Sommer C, Häuser W, Burgmer M, Engelhardt R, Gerhold K, Petzke F, Schmidt-Wilcke T, Späth M, Tölle T, Uçeyler N, Wang H, Winkelmann A, Thieme K
Neurologische Klinik, Universitätsklinikum Würzburg, Josef-Schneider-Str. 11, 97080, Würzburg, Deutschland.
Schmerz. 2012 Jun;26(3):259-67. doi: 10.1007/s00482-012-1174-0.
The scheduled update to the German S3 guidelines on fibromyalgia syndrome (FMS) by the Association of the Scientific Medical Societies ("Arbeitsgemeinschaft der Wissenschaftlichen Medizinischen Fachgesellschaften", AWMF; registration number 041/004) was planned starting in March 2011.
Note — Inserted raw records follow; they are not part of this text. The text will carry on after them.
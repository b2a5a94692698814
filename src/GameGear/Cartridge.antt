-- ===== src/GameGear/Cartridge.antt =====
-- cores/gamegear/GameGearCartridge.cpp and .hpp, and the three Sega mappers that derive from it.
use proto_time.Base.{
  ℕ, ◌+◌, ◌-◌, ◌*◌, ◌/◌, ◌%◌, ◌^◌, Bool, true, false, not, ◌&&◌, ◌||◌, List, [], ◌∷◌, ◌++◌, Option,
  none, some, length, get_or, set, take, drop, replicate, fit, ltb, leb, ◌==◌, between,
  if◌then◌else◌,
}
use proto_time.Base.Bits.{low_bits, test_bit}
use proto_time.Base.Outcome.{Outcome, done, throws, ◌>>=◌}

-- `bankRegisters_` has three elements.
pub record GameGearCartridge : Type 0 where
  pub rom : List ℕ
  pub sram : List ℕ
  pub bank_0 : ℕ
  pub bank_1 : ℕ
  pub bank_2 : ℕ
  pub control_register : ℕ
  pub save_dirty : Bool

unfoldable pub num_banks : GameGearCartridge → ℕ
num_banks c = if length c.rom == 0 then 1 else (length c.rom + 0x3fff) / 0x4000

abbrev pub bank_register : GameGearCartridge → ℕ → ℕ
bank_register c i = if i == 0 then c.bank_0 else if i == 1 then c.bank_1 else c.bank_2

unfoldable pub page_bank : GameGearCartridge → ℕ → ℕ
page_bank c page_index =
    if leb 3 page_index
    then 0
    else (bank_register c page_index + low_bits 2 c.control_register * 8) % num_banks c

abbrev pub sram_enabled : GameGearCartridge → Bool
sram_enabled c = test_bit 3 c.control_register

unfoldable pub sram_offset : GameGearCartridge → ℕ → ℕ
sram_offset c address = (if test_bit 2 c.control_register then 0x4000 else 0) + (address - 0x8000)

unfoldable pub reset : GameGearCartridge → GameGearCartridge
reset c =
    let banks = num_banks c in
    record c {
      bank_0 = 0 % banks % 2 ^ 8;
      bank_1 = 1 % banks % 2 ^ 8;
      bank_2 = 2 % banks % 2 ^ 8;
      control_register = 0;
      save_dirty = false;
    }

-- `none` is a null pointer with a size above zero.
unfoldable pub load : GameGearCartridge → Option (List ℕ) → GameGearCartridge × Bool
load c none = (c, false)
load c (some bytes) =
    if length bytes == 0
    then (reset (record c { rom = []; sram = [] }), true)
    else (reset (record c { rom = bytes; sram = replicate 0x8000 0 }), true)

abbrev pub loaded : GameGearCartridge → Bool
loaded c = not (length c.rom == 0)

unfoldable pub handles_control_write : GameGearCartridge → ℕ → Bool
handles_control_write c address = leb 0xfffc address

unfoldable pub handles_mapped_write : GameGearCartridge → ℕ → Bool
handles_mapped_write c address = between 0x8000 0xc000 address && sram_enabled c

unfoldable pub read : GameGearCartridge → ℕ → ℕ
read c address =
    let page_index = address / 0x4000 in
    if not (loaded c) || leb 0xc000 address
    then 0xff
    else if leb 0x8000 address && sram_enabled c
    then get_or c.sram (sram_offset c address) 0xff
    else if ltb address 0x0400
    then get_or c.rom (address % length c.rom) 0xff
    else get_or c.rom (page_bank c page_index * 0x4000 + address % 0x4000) 0xff

unfoldable pub rom_bank_for_address : GameGearCartridge → ℕ → Option ℕ
rom_bank_for_address c address =
    if not (loaded c) || leb 0xc000 address || (leb 0x8000 address && sram_enabled c)
    then none
    else if ltb address 0x0400
    then some 0
    else some (page_bank c (address / 0x4000))

-- A store in save RAM, which marks it dirty only where the byte changes.
unfoldable pub store_sram : GameGearCartridge → ℕ → ℕ → GameGearCartridge
store_sram c offset value =
    if ltb offset (length c.sram) && not (get_or c.sram offset 0 == value)
    then record c { sram = set c.sram offset value; save_dirty = true }
    else c

unfoldable pub write_register : GameGearCartridge → ℕ → ℕ → GameGearCartridge
write_register c address value =
    if address == 0xfffc
    then record c { control_register = value }
    else if address == 0xfffd
    then record c { bank_0 = value }
    else if address == 0xfffe
    then record c { bank_1 = value }
    else record c { bank_2 = value }

unfoldable pub write : GameGearCartridge → ℕ → ℕ → GameGearCartridge
write c address value =
    if leb 0xfffc address
    then write_register c address value
    else if between 0x8000 0xc000 address && sram_enabled c
    then store_sram c (sram_offset c address) value
    else c

unfoldable pub mark_save_clean : GameGearCartridge → GameGearCartridge
mark_save_clean c = record c { save_dirty = false }

unfoldable pub import_save_data : GameGearCartridge → List ℕ → GameGearCartridge
import_save_data c save_data =
    if length c.sram == 0
    then record c { save_dirty = false }
    else record c { sram = fit (length c.sram) 0 save_data; save_dirty = false }

-- `Sega3155235Mapper::reset`; the other two Sega mappers keep the reset of the base class.
unfoldable pub reset_5235 : GameGearCartridge → GameGearCartridge
reset_5235 c = write (write (write (write (reset c) 0xfffc 0) 0xfffd 0) 0xfffe 1) 0xffff 2

pub data StateError : Type 0 where
  truncated : StateError
  vector_invalid : StateError
  rom_mismatch : StateError
  dirty_flag_invalid : StateError
  sram_size_mismatch : StateError
  extra_ram_invalid : StateError
  flag_invalid : StateError

-- `appendU32`, the low byte first.
abbrev pub u32_bytes : ℕ → List ℕ
u32_bytes value =
    value % 256 ∷ value / 256 % 256 ∷ value / 65536 % 256 ∷ value / 16777216 % 256 ∷ []

-- The readers take the bytes from `pos` on, and give back those behind what they read.
unfoldable pub read_u32 : List ℕ → Outcome StateError (ℕ × List ℕ)
read_u32 (a ∷ b ∷ c ∷ d ∷ rest) = done (a + b * 256 + c * 65536 + d * 16777216, rest)
read_u32 _ = throws truncated

unfoldable pub read_bytes : List ℕ → ℕ → Outcome StateError (List ℕ × List ℕ)
read_bytes bytes max_size = read_u32 bytes >>= λ r.
    if ltb max_size r.0 || ltb (length r.1) r.0
    then throws vector_invalid
    else done (take r.0 r.1, drop r.0 r.1)

abbrev pub flag_byte : Bool → ℕ
flag_byte true = 1
flag_byte false = 0

unfoldable pub export_state : GameGearCartridge → List ℕ
export_state c =
    u32_bytes (length c.rom)
    ++ (u32_bytes (num_banks c)
        ++ (c.control_register
            ∷ c.bank_0
            ∷ c.bank_1
            ∷ c.bank_2
            ∷ flag_byte c.save_dirty
            ∷ (u32_bytes (length c.sram) ++ c.sram)))

-- What is read behind the two sizes.
unfoldable pub import_registers : GameGearCartridge → List ℕ → Outcome StateError GameGearCartridge
import_registers c (control ∷ bank_0 ∷ bank_1 ∷ bank_2 ∷ dirty ∷ rest) =
    if ltb 1 dirty
    then throws dirty_flag_invalid
    else (read_bytes rest 0x8000 >>= λ r.
        if not (length r.0 == length c.sram) || not (length r.1 == 0)
        then throws sram_size_mismatch
        else done (record c {
          control_register = control;
          bank_0 = bank_0;
          bank_1 = bank_1;
          bank_2 = bank_2;
          save_dirty = not (dirty == 0);
          sram = r.0;
        }))
import_registers c _ = throws truncated

unfoldable pub import_state : GameGearCartridge → List ℕ → Outcome StateError GameGearCartridge
import_state c state = read_u32 state >>= λ r. read_u32 r.1 >>= λ s.
    if not (r.0 == length c.rom) || not (s.0 == num_banks c)
    then throws rom_mismatch
    else import_registers c s.1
The development of the guidelines was coordinated by the German Interdisciplinary Association for Pain Therapy ("Deutsche Interdisziplinären Vereinigung für Schmerztherapie", DIVS), 9 scientific medical societies and 2 patient self-help organizations. Eight working groups with a total of 50 members were evenly balanced in terms of gender, medical field, potential conflicts of interest and hierarchical position in the medical and scientific fields. Literature searches were performed using the Medline, PsycInfo, Scopus and Cochrane Library databases (until December 2010). The grading of the strength of the evidence followed the scheme of the Oxford Centre for Evidence-Based Medicine.
Current data do not identify distinct etiologic or pathophysiological factors mediating development of FMS. The development of FMS is associated with inflammatory rheumatic diseases (EL2b), with gene polymorphisms of the 5-hydroxytryptamine (HT)(2) receptor (EL3a), lifestyle factors (smoking, obesity, lack of physical activity; EL2b), physical and sexual abuse in childhood and adulthood (EL3a).
FMS is most likely the result of various pathogenetic factors and pathophysiological mechanisms. The English full-text version of this article is available at SpringerLink (under "Supplemental").
德国科学医学协会联合会(“Arbeitsgemeinschaft der Wissenschaftlichen Medizinischen Fachgesellschaften”,AWMF;注册号041/004)计划于2011年3月开始对德国纤维肌痛综合征(FMS)的S3指南进行定期更新。
该指南的制定由德国疼痛治疗跨学科协会(“Deutsche Interdisziplinären Vereinigung für Schmerztherapie”,DIVS)、9个科学医学协会和2个患者自助组织协调。8个工作组共有50名成员,在性别、医学领域、潜在利益冲突以及医学和科学领域的层级地位方面实现了均衡。使用Medline、PsycInfo、Scopus和Cochrane图书馆数据库(截至2010年12月)进行文献检索。证据强度分级遵循牛津循证医学中心的方案。
目前的数据尚未确定介导FMS发生发展的独特病因或病理生理因素。FMS的发生与炎性风湿性疾病(EL2b)、5-羟色胺(HT)(2)受体的基因多态性(EL3a)、生活方式因素(吸烟、肥胖缺乏体育活动;EL2b)、儿童期和成年期的身体和性虐待(EL3a)有关。
FMS很可能是多种致病因素和病理生理机制共同作用的结果。本文的英文全文版本可在SpringerLink(“补充材料”下)获取。